++++ Records to use ++++

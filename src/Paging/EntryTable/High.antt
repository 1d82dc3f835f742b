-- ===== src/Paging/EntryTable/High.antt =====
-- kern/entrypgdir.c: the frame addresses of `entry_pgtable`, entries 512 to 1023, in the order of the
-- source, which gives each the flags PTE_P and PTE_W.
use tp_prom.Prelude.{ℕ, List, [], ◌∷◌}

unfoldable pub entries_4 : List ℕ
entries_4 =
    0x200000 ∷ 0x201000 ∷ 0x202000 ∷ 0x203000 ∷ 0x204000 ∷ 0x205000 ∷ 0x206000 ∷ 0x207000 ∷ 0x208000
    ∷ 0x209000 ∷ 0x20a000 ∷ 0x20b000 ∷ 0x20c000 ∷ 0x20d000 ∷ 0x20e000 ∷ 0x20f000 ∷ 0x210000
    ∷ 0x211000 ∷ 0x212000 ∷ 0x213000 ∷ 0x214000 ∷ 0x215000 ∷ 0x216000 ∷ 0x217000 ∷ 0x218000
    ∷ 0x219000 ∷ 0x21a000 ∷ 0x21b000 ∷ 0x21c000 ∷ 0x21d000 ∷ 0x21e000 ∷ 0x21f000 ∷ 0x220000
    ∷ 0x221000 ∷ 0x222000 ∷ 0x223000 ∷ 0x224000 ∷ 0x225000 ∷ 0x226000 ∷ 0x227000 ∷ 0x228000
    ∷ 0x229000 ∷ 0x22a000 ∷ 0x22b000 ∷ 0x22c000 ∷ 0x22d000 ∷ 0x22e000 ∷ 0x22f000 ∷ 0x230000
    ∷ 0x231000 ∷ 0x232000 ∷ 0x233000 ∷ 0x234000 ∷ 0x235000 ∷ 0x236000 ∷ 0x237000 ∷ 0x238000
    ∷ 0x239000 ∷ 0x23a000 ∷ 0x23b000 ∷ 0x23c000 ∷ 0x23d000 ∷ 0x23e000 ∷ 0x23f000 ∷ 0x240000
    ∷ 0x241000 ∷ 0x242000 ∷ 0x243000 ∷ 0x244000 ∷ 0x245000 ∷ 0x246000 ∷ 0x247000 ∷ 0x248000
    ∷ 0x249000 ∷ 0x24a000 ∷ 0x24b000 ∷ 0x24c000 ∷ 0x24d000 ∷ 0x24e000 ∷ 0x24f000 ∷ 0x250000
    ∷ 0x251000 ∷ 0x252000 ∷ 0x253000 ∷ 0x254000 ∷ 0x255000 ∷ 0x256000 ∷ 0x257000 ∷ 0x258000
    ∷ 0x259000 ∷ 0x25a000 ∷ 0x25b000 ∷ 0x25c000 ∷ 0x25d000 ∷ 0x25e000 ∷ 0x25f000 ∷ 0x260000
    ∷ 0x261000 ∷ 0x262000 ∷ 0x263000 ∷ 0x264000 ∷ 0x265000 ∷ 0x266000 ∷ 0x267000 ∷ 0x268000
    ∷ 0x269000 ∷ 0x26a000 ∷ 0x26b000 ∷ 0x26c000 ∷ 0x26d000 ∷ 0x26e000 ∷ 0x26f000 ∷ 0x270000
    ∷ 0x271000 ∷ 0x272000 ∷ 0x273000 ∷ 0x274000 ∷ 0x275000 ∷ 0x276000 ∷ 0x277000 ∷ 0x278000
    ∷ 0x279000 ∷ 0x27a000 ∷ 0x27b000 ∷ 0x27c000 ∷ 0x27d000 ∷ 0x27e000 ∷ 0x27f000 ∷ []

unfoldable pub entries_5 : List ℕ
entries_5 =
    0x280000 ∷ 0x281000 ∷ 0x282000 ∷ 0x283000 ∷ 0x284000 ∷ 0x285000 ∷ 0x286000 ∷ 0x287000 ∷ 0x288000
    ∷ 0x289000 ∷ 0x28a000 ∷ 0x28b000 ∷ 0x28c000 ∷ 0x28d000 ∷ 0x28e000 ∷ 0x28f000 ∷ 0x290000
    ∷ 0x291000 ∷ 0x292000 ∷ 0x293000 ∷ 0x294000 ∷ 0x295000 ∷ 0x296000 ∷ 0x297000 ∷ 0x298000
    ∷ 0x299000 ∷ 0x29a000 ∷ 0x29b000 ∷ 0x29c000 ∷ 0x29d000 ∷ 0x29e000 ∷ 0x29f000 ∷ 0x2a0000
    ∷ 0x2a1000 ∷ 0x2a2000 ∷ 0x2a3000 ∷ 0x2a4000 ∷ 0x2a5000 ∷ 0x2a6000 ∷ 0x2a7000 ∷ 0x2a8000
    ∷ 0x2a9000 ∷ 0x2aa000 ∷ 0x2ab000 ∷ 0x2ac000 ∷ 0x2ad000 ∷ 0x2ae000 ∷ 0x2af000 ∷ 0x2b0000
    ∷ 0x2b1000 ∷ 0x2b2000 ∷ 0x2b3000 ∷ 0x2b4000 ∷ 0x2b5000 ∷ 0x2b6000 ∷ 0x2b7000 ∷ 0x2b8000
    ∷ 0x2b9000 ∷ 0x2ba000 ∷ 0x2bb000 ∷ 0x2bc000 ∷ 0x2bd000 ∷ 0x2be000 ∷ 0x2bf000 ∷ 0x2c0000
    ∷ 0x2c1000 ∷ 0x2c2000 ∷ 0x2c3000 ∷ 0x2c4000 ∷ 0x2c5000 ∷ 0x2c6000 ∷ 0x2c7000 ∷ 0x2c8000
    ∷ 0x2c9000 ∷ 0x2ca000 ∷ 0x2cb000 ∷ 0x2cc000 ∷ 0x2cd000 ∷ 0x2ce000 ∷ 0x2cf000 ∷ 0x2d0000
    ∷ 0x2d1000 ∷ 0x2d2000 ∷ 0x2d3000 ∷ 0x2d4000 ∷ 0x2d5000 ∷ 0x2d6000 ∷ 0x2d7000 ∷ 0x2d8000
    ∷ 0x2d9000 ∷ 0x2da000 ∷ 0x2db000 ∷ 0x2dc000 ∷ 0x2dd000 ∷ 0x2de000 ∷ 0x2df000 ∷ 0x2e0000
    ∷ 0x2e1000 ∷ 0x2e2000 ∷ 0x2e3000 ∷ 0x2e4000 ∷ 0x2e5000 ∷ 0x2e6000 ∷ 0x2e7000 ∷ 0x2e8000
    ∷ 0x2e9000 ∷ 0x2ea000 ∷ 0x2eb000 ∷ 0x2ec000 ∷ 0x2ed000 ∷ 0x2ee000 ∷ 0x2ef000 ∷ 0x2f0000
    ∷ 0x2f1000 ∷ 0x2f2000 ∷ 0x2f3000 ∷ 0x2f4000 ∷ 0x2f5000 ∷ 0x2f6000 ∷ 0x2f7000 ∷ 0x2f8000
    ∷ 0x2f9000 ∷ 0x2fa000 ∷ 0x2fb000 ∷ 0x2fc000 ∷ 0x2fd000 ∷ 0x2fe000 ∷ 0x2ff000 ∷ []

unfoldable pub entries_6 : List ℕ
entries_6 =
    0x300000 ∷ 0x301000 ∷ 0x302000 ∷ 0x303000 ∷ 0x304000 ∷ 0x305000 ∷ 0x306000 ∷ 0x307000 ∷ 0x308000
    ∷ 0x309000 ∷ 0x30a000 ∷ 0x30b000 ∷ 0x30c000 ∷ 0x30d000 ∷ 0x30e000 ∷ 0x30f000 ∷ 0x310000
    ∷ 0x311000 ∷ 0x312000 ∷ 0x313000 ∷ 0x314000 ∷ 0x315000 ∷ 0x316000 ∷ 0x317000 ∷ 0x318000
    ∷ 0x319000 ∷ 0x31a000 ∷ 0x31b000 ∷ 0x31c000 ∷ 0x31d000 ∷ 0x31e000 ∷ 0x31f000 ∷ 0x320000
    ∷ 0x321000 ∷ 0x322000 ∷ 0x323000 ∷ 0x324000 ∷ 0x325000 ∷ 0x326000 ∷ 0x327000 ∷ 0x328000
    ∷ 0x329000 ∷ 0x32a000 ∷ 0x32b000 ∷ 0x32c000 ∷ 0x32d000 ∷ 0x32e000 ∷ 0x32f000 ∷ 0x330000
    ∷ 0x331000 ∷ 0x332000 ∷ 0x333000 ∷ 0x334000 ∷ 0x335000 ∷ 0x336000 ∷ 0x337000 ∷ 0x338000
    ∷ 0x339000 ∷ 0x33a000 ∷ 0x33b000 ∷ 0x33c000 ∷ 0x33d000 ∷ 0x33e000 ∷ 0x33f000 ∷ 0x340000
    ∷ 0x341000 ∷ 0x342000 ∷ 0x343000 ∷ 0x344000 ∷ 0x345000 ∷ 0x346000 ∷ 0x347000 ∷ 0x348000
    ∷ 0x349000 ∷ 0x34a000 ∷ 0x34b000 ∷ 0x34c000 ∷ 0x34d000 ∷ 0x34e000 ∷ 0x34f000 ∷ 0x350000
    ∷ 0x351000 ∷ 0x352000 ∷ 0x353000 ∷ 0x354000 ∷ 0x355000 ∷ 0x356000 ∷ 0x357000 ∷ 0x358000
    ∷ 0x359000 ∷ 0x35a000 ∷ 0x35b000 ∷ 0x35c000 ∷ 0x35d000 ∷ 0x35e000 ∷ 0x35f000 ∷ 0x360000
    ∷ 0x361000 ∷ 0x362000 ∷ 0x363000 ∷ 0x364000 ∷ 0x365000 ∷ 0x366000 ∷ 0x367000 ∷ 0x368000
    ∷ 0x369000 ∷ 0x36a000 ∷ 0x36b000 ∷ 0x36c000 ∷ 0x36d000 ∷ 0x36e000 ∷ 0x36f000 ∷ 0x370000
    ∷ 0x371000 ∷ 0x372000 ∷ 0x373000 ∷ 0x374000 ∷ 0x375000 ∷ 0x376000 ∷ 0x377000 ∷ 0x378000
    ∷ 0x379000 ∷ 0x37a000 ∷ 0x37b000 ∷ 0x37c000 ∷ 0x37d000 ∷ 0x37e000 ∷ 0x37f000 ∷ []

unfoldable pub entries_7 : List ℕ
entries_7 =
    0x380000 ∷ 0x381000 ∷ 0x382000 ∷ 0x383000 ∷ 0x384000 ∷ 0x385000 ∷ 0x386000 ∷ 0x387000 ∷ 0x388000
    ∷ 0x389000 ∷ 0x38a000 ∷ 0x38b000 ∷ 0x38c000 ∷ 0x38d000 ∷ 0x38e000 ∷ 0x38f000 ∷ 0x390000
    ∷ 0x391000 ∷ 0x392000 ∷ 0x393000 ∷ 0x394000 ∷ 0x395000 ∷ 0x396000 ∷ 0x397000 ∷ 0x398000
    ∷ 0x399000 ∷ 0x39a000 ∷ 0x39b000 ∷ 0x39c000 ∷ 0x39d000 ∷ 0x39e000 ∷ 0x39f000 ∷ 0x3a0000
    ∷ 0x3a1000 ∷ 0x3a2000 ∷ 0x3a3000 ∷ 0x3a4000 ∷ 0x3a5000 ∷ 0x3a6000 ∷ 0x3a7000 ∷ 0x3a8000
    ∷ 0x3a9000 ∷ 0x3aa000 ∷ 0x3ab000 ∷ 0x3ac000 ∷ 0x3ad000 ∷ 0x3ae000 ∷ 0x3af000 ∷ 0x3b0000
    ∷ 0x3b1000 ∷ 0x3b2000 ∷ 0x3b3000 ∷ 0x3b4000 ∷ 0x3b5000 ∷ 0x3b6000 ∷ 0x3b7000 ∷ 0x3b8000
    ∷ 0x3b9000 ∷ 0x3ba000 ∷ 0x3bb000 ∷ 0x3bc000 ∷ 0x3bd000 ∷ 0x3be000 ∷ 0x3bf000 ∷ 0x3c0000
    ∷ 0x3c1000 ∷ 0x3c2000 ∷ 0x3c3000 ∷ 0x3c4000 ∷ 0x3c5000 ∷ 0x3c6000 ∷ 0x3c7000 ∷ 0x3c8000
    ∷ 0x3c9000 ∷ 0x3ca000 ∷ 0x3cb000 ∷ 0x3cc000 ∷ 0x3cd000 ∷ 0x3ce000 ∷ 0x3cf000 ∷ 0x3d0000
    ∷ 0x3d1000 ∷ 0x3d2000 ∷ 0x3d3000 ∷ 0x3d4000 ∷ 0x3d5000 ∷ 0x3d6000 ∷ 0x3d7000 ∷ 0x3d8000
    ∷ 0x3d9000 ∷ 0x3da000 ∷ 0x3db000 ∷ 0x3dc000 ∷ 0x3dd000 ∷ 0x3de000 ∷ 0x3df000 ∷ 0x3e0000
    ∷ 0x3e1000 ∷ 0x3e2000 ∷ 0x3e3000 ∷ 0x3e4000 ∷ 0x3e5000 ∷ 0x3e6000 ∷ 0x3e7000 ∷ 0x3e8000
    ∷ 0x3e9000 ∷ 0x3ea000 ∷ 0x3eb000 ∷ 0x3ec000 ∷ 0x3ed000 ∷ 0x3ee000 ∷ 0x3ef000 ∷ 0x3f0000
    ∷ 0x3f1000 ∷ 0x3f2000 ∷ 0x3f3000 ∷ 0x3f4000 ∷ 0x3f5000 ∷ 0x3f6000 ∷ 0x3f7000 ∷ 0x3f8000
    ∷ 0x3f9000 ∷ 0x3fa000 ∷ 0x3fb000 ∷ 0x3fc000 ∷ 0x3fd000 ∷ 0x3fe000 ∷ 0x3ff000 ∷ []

++++
++++ Records to use ++++

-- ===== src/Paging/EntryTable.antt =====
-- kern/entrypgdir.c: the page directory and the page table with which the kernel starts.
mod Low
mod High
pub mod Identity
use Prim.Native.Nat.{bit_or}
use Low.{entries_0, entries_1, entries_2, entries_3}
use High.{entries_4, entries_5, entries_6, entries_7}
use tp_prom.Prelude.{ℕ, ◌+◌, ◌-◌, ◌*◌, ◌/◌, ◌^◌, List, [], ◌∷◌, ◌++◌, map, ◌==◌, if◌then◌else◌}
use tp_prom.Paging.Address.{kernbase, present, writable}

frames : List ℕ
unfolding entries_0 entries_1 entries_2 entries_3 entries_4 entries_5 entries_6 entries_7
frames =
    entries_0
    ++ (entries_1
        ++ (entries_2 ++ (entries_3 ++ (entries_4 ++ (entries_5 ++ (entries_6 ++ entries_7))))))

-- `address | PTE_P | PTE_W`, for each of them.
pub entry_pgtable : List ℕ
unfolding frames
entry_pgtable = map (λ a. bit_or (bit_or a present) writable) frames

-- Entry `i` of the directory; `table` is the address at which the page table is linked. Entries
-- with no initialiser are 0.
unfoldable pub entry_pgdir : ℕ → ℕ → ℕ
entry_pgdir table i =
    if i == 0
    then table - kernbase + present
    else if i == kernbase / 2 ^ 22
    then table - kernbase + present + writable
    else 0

++++

> [How to complete this task]:
Starting with the line above that holds "0x297000 ∷ 0x298000" and stopping with the line that holds "0x2df000 ∷ 0x2e0000", reproduce each line exactly, omitting all other lines.

> [Solved exercise]:
    ∷ 0x291000 ∷ 0x292000 ∷ 0x293000 ∷ 0x294000 ∷ 0x295000 ∷ 0x296000 ∷ 0x297000 ∷ 0x298000
    ∷ 0x299000 ∷ 0x29a000 ∷ 0x29b000 ∷ 0x29c000 ∷ 0x29d000 ∷ 0x29e000 ∷ 0x29f000 ∷ 0x2a0000
    ∷ 0x2a1000 ∷ 0x2a2000 ∷ 0x2a3000 ∷ 0x2a4000 ∷ 0x2a5000 ∷ 0x2a6000 ∷ 0x2a7000 ∷ 0x2a8000
    ∷ 0x2a9000 ∷ 0x2aa000 ∷ 0x2ab000 ∷ 0x2ac000 ∷ 0x2ad000 ∷ 0x2ae000 ∷ 0x2af000 ∷ 0x2b0000
    ∷ 0x2b1000 ∷ 0x2b2000 ∷ 0x2b3000 ∷ 0x2b4000 ∷ 0x2b5000 ∷ 0x2b6000 ∷ 0x2b7000 ∷ 0x2b8000
    ∷ 0x2b9000 ∷ 0x2ba000 ∷ 0x2bb000 ∷ 0x2bc000 ∷ 0x2bd000 ∷ 0x2be000 ∷ 0x2bf000 ∷ 0x2c0000
    ∷ 0x2c1000 ∷ 0x2c2000 ∷ 0x2c3000 ∷ 0x2c4000 ∷ 0x2c5000 ∷ 0x2c6000 ∷ 0x2c7000 ∷ 0x2c8000
    ∷ 0x2c9000 ∷ 0x2ca000 ∷ 0x2cb000 ∷ 0x2cc000 ∷ 0x2cd000 ∷ 0x2ce000 ∷ 0x2cf000 ∷ 0x2d0000
    ∷ 0x2d1000 ∷ 0x2d2000 ∷ 0x2d3000 ∷ 0x2d4000 ∷ 0x2d5000 ∷ 0x2d6000 ∷ 0x2d7000 ∷ 0x2d8000
    ∷ 0x2d9000 ∷ 0x2da000 ∷ 0x2db000 ∷ 0x2dc000 ∷ 0x2dd000 ∷ 0x2de000 ∷ 0x2df000 ∷ 0x2e0000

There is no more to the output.